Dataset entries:
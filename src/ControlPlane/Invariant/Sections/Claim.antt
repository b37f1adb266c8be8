-- ===== src/ControlPlane/Invariant/Sections/Claim.antt =====
-- The claim of a warm sandbox, of `NewSandbox`, keeps the invariant.
use lean_sandbox.Common.{ℕ, ◌≡◌, refl, sym, ◌∙◌, ◌≢◌, inl, inr, some, List, [], ◌∷◌, ◌++◌, arith}
use mathlib.Core.Path.{subst}
use lean_sandbox.Common.Int.{ℤ}
use lean_sandbox.Common.Text.{Bytes}
use lean_sandbox.Common.Dict.{nat_eq, bytes_eq, get, put}
use lean_sandbox.ControlPlane.{ControlPlane, warm_refs, claim_at, or_nil, claim_warm}
use lean_sandbox.ControlPlane.Heap.{Has, Distinct, Has-append}
use lean_sandbox.ControlPlane.Invariant.{
  System, Inv, put_induction, Idle-modify, before_modify, after_modify, Distinct-front, claimed_cp,
  claim_warm-eq_some,
}

module _ (s : System) (v : Inv s) (image : Bytes) (rest : List ℕ) (a : ℕ) (now : ℤ)
    (w : warm_refs s.cp image ≡ rest ++ a ∷ []) where
  last-Has : Has a (warm_refs s.cp image)
  last-Has = rw w ((Has-append a rest (a ∷ [])).1 (inr (inl refl)))

  front-Has : (b : ℕ) → Has b rest → Has b (warm_refs s.cp image)
  front-Has b h = rw w ((Has-append b rest (a ∷ [])).1 (inl h))

  split-Distinct : Distinct rest × ¬ Has a rest
  split-Distinct = Distinct-front rest a (rw w at (v.once image))

  -- Another list does not hold the claimed address.
  other_image : (img : Bytes) → Has a (warm_refs s.cp img) → img ≡ image
  other_image img h =
      let (x, e, i, _) = v.warm img a h in
      let (y, f, j, _) = v.warm image a last-Has in ground arith

  claimed-warm :
      (img : Bytes) (b : ℕ)
      → Has b (or_nil (get img (put image rest s.by_image)))
      → Has b (warm_refs s.cp img) × (b ≢ a)
  claimed-warm img b =
      put_induction (λ i xs. Has b xs → Has b (warm_refs s.cp i) × (b ≢ a)) s.cp image img rest
        (λ h. (front-Has b h, λ e. split-Distinct.1 (subst (λ t. Has t rest) e h)))
        (λ n h. (h, λ e. n (sym (other_image img (subst (λ t. Has t (warm_refs s.cp img)) e h)))))

  claimed-Inv : Inv (record s { cp = claimed_cp s.cp image rest a now })
  claimed-Inv = record {
    ids = λ i b e.
        let (x, h, j) = v.ids i b e in
        let (y, k, l) = after_modify s.heap a b (claim_at now) x (λ _. refl) h in (y, k, l ∙ j);
    warm = λ img b h.
        let (k, n) = claimed-warm img b h in
        Idle-modify s.heap img a b (claim_at now) n (v.warm img b k);
    once = λ img.
        put_induction (λ _ xs. Distinct xs) s.cp image img rest split-Distinct.0 (λ _. v.once img);
    unique = λ b c x y e f p.
        let (x', e', p') = before_modify s.heap a b (claim_at now) x (λ _. refl) e in
        let (y', f', q') = before_modify s.heap a c (claim_at now) y (λ _. refl) f in
        v.unique b c x' y' e' f' (p' ∙ p ∙ sym q');
    waiting = λ b h.
        let ((img, idle), n) = v.waiting b h in
        (
          (img, Idle-modify s.heap img a b (claim_at now) (λ e. n image (rw e last-Has)) idle),
          λ i k. n i (claimed-warm i b k).0,
        );
    waits_once = v.waits_once;
  }

-- Claiming a warm sandbox keeps the invariant.
pub claim_warm-Inv :
    (s : System) (image : Bytes) (now : ℤ) {a : ℕ} {cp' : ControlPlane}
    → Inv s
    → claim_warm s.cp image now ≡ some (a, cp')
    → Inv (record s { cp = cp' })
claim_warm-Inv s image now {a} v e =
    let (rest, w, c) = claim_warm-eq_some s.cp image now e in
    rw c (claimed-Inv s v image rest a now w)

▶ **Problem requirements**: Every record is to be written out verbatim.

▶ **Response area**:
filename src/ControlPlane/Invariant/Sections/Claim.antt
repository b37f1adb266c8be8
-- ===== src/ControlPlane/Invariant/Sections/Claim.antt =====
-- The claim of a warm sandbox, of `NewSandbox`, keeps the invariant.
use lean_sandbox.Common.{ℕ, ◌≡◌, refl, sym, ◌∙◌, ◌≢◌, inl, inr, some, List, [], ◌∷◌, ◌++◌, arith}
use mathlib.Core.Path.{subst}
use lean_sandbox.Common.Int.{ℤ}
use lean_sandbox.Common.Text.{Bytes}
use lean_sandbox.Common.Dict.{nat_eq, bytes_eq, get, put}
use lean_sandbox.ControlPlane.{ControlPlane, warm_refs, claim_at, or_nil, claim_warm}
use lean_sandbox.ControlPlane.Heap.{Has, Distinct, Has-append}
use lean_sandbox.ControlPlane.Invariant.{
  System, Inv, put_induction, Idle-modify, before_modify, after_modify, Distinct-front, claimed_cp,
  claim_warm-eq_some,
}

module _ (s : System) (v : Inv s) (image : Bytes) (rest : List ℕ) (a : ℕ) (now : ℤ)
    (w : warm_refs s.cp image ≡ rest ++ a ∷ []) where
  last-Has : Has a (warm_refs s.cp image)
  last-Has = rw w ((Has-append a rest (a ∷ [])).1 (inr (inl refl)))

  front-Has : (b : ℕ) → Has b rest → Has b (warm_refs s.cp image)
  front-Has b h = rw w ((Has-append b rest (a ∷ [])).1 (inl h))

  split-Distinct : Distinct rest × ¬ Has a rest
  split-Distinct = Distinct-front rest a (rw w at (v.once image))

  -- Another list does not hold the claimed address.
  other_image : (img : Bytes) → Has a (warm_refs s.cp img) → img ≡ image
  other_image img h =
      let (x, e, i, _) = v.warm img a h in
      let (y, f, j, _) = v.warm image a last-Has in ground arith

  claimed-warm :
      (img : Bytes) (b : ℕ)
      → Has b (or_nil (get img (put image rest s.by_image)))
      → Has b (warm_refs s.cp img) × (b ≢ a)
  claimed-warm img b =
      put_induction (λ i xs. Has b xs → Has b (warm_refs s.cp i) × (b ≢ a)) s.cp image img rest
        (λ h. (front-Has b h, λ e. split-Distinct.1 (subst (λ t. Has t rest) e h)))
        (λ n h. (h, λ e. n (sym (other_image img (subst (λ t. Has t (warm_refs s.cp img)) e h)))))

  claimed-Inv : Inv (record s { cp = claimed_cp s.cp image rest a now })
  claimed-Inv = record {
    ids = λ i b e.
        let (x, h, j) = v.ids i b e in
        let (y, k, l) = after_modify s.heap a b (claim_at now) x (λ _. refl) h in (y, k, l ∙ j);
    warm = λ img b h.
        let (k, n) = claimed-warm img b h in
        Idle-modify s.heap img a b (claim_at now) n (v.warm img b k);
    once = λ img.
        put_induction (λ _ xs. Distinct xs) s.cp image img rest split-Distinct.0 (λ _. v.once img);
    unique = λ b c x y e f p.
        let (x', e', p') = before_modify s.heap a b (claim_at now) x (λ _. refl) e in
        let (y', f', q') = before_modify s.heap a c (claim_at now) y (λ _. refl) f in
        v.unique b c x' y' e' f' (p' ∙ p ∙ sym q');
    waiting = λ b h.
        let ((img, idle), n) = v.waiting b h in
        (
          (img, Idle-modify s.heap img a b (claim_at now) (λ e. n image (rw e last-Has)) idle),
          λ i k. n i (claimed-warm i b k).0,
        );
    waits_once = v.waits_once;
  }

-- Claiming a warm sandbox keeps the invariant.
pub claim_warm-Inv :
    (s : System) (image : Bytes) (now : ℤ) {a : ℕ} {cp' : ControlPlane}
    → Inv s
    → claim_warm s.cp image now ≡ some (a, cp')
    → Inv (record s { cp = cp' })
claim_warm-Inv s image now {a} v e =
    let (rest, w, c) = claim_warm-eq_some s.cp image now e in
    rw c (claimed-Inv s v image rest a now w)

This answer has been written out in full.